Thaddeus Campbell Sweet | |
State1: | New York |
District1: | 32nd |
Term Start1: | November 6, 1923 |
Term End1: | May 1, 1928 |
Successor1: | Francis D. Culkin |
State Assembly2: | New York |
District2: | Oswego County |
Term Start2: | January 1, 1910 |
Term End2: | December 31, 1920 |
Preceded2: | Frank L. Smith |
Succeeded2: | Ezra Barnes |
Birth Date: | 16 November 1872 |
Birth Place: | Phoenix, New York |
Death Place: | Whitney Point, New York |
Parents: | Anthony Wayne Sweet and Sarah Elizabeth Campbell |
Party: | Republican Party |
Thaddeus Campbell Sweet (November 16, 1872 – May 1, 1928) was an American manufacturer and politician from New York. He represented New York's 32nd congressional district from 1923 to 1928.
He was born on November 16, 1872, in Phoenix, New York, to Anthony Wayne Sweet and Sarah Elizabeth Campbell. He attended the public schools, and graduated from Phoenix Academy and High School. Then he entered business and for two years served as a traveling salesman. In 1895, he began the manufacture of paper and was President of the Sweet Paper Manufacturing Co. He also engaged in banking. He was town clerk of Phoenix from 1896 to 1899.

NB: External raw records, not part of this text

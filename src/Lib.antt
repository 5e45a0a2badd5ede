-- ===== src/Lib.antt =====
-- The Bruk operator: a Kubernetes controller that turns an InferenceService, the BrukModel that it
-- names and the cluster's one BrukTenant into a confidential vLLM Deployment, a Service and, for a
-- weights cache, a shared ConfigMap, and that keeps the statuses of the three kinds.
--
-- The parts, and the files that model them:
--   * operator/api/v1alpha1/*_types.go: Api and its children, a record for each struct with a field
--     for each field, and the constants. A Go pointer is an Option, a map an association list,
--     int32 and int64 are integers that the program only compares, copies and prints. Of the
--     Kubernetes types, Kube has the fields that the operator reads or writes.
--   * operator/internal/render/render.go: Render, one function for each function of the package
--     (Deployment is `deployment`, with the container and the object it builds as
--     `engine_container` and `deployment_object`). Fmt has the verbs %d and %02d, the hexadecimal
--     text and the slice of a string; an error is a value of Result.
--   * the kubebuilder validation markers of operator/api/v1alpha1/*_types.go, from which the schemas
--     are generated: Api.Admission, a test for each struct, on the patterns of Api.Patterns. A field
--     that may be left out is "" without it; whether existingClaim was in the manifest is a parameter.
--   * operator/internal/controller/inferenceservice_controller.go: Controller.Conflict models
--     trustedStoreConflict, precedes and podSpecMountsClaim, Controller.Status the four functions
--     that fill in the status, Controller.Inference the reconciler's Reconcile, and
--     Controller.Inference.Requeue the functions by which the watches of models and of the tenant
--     re-queue services.
--   * the three SetupWithManager of operator/internal/controller: Controller.Watches, the sources of
--     requests that each controller registers. The builder of controller-runtime is a parameter, and
--     IsBuilder says what its For, Owns and Watches are documented to queue.
--   * operator/internal/controller/brukmodel_controller.go: Controller.Model.
--   * operator/internal/controller/bruktenant_controller.go: Controller.Tenant, on the decoder of
--     Base64, which reads characters as base64.StdEncoding does: line ends are skipped, padding ends
--     the input, and an error carries the offset.
--   * operator/api/v1alpha1/zz_generated.deepcopy.go: DeepCopy. Layout has the structs as they stand in
--     memory, with pointers and slices, Memory the cells behind the pointers and the commands that read
--     and add them, and Common, Model, Tenant, Resources and Service the functions, `x_y_into` for
--     XY.DeepCopyInto, `x_y_copy` for DeepCopy and `x_y_object` for DeepCopyObject. A slice is a
--     pointer to its whole array. A cell is added after its contents are copied, where Go allocates
--     first: the addresses of new cells differ, and nothing else. See says what a pointer denotes.
--   * the kubebuilder RBAC markers of operator/internal/controller, of which operator/config/rbac/role.yaml is
--     generated: Access, the rules, and what each call of Client demands of the API server.
--   * operator/cmd/main.go: Manager, the options that main makes of its flags and the steps of its
--     start, each followed by its check, with the answers of controller-runtime as a parameter.
--
-- How the parts interact: a reconciler reads and writes through the API server alone. The server is
-- the record Client, a parameter: a state, and for each call that the source makes a function from
-- the state to an answer and the next state. Nothing is assumed of the answers, so other
-- writers may act between any two calls. A run threads the server's state and a log of its calls, the
-- latest first. Reconcile is cut at its calls: `service_fetched`, `tenant_fetched`, ... take the
-- answer of one call and go on to the next. Controller.Inference.Trace lists the runs that are meant to
-- be possible, as an indexed data type, and the properties of runs are read off it.
--
-- Controller.System puts the runs of the three reconcilers one after the other, in any order and for
-- any requests, with writes of others before and after each. The store of the server stays a
-- parameter: Cluster.View says which Deployments a state has and which service a UID names, and
-- IsServer what the server's calls may change, deletions by others among it. The manager runs one
-- worker for each controller, so two runs of one reconciler never overlap; runs of different ones write
-- disjoint kinds. The lag of the manager's cache behind the server is not modelled: a list of IsServer
-- is complete when it is made.
--
-- What the source calls and does not implement is the record Platform, a parameter too: quantities,
-- times, owner references, SetStatusCondition, the quoting of %q and sha256. Theorems that need a
-- law of one of them name it: KeepsConditions says that SetStatusCondition replaces or adds the
-- condition of its type and leaves the others, KeepsSame that it leaves a list that has the
-- condition as it is, OwnsFresh that SetControllerReference succeeds on an object without
-- references, IsClock that times are instants. The copies that apimachinery makes of metadata,
-- conditions and quantities are the parameter Functions, and IsLibrary says that they are deep.
-- MakesController says that SetControllerReference, when it succeeds, makes the owner the object's
-- controller. IsAccepting is a server that accepts every write, and IsUndisturbed
-- (Controller.Conflict.Undisturbed) one to which nobody but the reconciler of one service writes: a
-- relation of its states, kept by every call, under which only the service's status, the Deployments
-- that it controls and the Pods with an owner may differ, so that a second run sees what the first
-- one wrote.
--
-- Every definition terminates by structural recursion; the printing of numbers recurses on fuel,
-- `digits (suc n) n`, and a number has fewer digits than its successor counts, so it is never short.
-- Controller.Inference.Rerun runs the reconciler again until its status stays, on fuel of two runs: the
-- second starts from the status that the first wrote, and has nothing to change in it.
--
-- Not modelled: the parsing of flags, the registrations with the scheme, logging, the defaults that the
-- schemas fill in, and the transition times of conditions, which the operator never reads.
-- The context, which carries cancellation, shows only as an error of a call.
--
-- Tests has a concrete platform and server, and runs of the model on them.
pub mod Prelude
pub mod Result
pub mod Fmt
pub mod Base64
pub mod Platform
pub mod Kube
pub mod Api
pub mod DeepCopy
pub mod Render
pub mod Client
pub mod Controller
pub mod Cluster
pub mod Manager
pub mod Access
pub mod Tests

He was a member of the New York State Assembly (Oswego Co.) in 1910, 1911, 1912, 1913, 1914, 1915, 1916, 1917, 1918, 1919 and 1920; and was Speaker from 1914 to 1920. As Speaker, in 1919 Sweet opposed the protective labor legislation for women and children promoted by newly enfranchised New York women, refusing to allow it to get to the Assembly floor. That fall, suffragist Marion Dickerman fought a tough race to defeat his bid for reelection, and though she lost she cut substantially into his support and, for the first time in his political career, made him work hard to win. Suffragists believed Dickerman's race quashed his gubernatorial chances. In 1920 he proposed the infamous expulsion of socialists from the New York Assembly.
He was a delegate to the 1916 and 1924 Republican National Conventions.
He was elected to the 68th United States Congress in 1923 to fill the vacancy caused by the death of Luther W. Mott and served from November 6, 1923, until his death in office, having been re-elected to the 69th and 70th United States Congresses.
Thaddeus Sweet was the first sitting member of Congress to die in an airplane accident. Shortly after breakfast on May 1, 1928, he and the pilot Lt. Bushrod Hoppin, U.S. Army, took off in a new Army observation plane, Curtiss O-1B Falcon, serial number 27-279, assigned at Middletown Air Depot, Pennsylvania,[1] [2] from Bolling Field to fly to Oswego, New York, where he was to make a speech. Lt. Hoppin, known as a careful pilot, flew into a storm between Binghamton, New York, and Cortland, New York.[3]
He thought it best to land and selected a field on a stock farm near Whitney Point, New York. The field was knobbly, and the airplane bounced and turned a somersault. Sweet, having unbuckled his safety belt, was pitched against the cockpit wall, and killed by a head injury. Lt. Hoppin, belted in his seat, was unbruised.[4] Sweet was buried at the Rural Cemetery at Phoenix, New York.
The Sweet Memorial Building was dedicated to him in 1929.[5] It was listed on the National Register of Historic Places in 1990.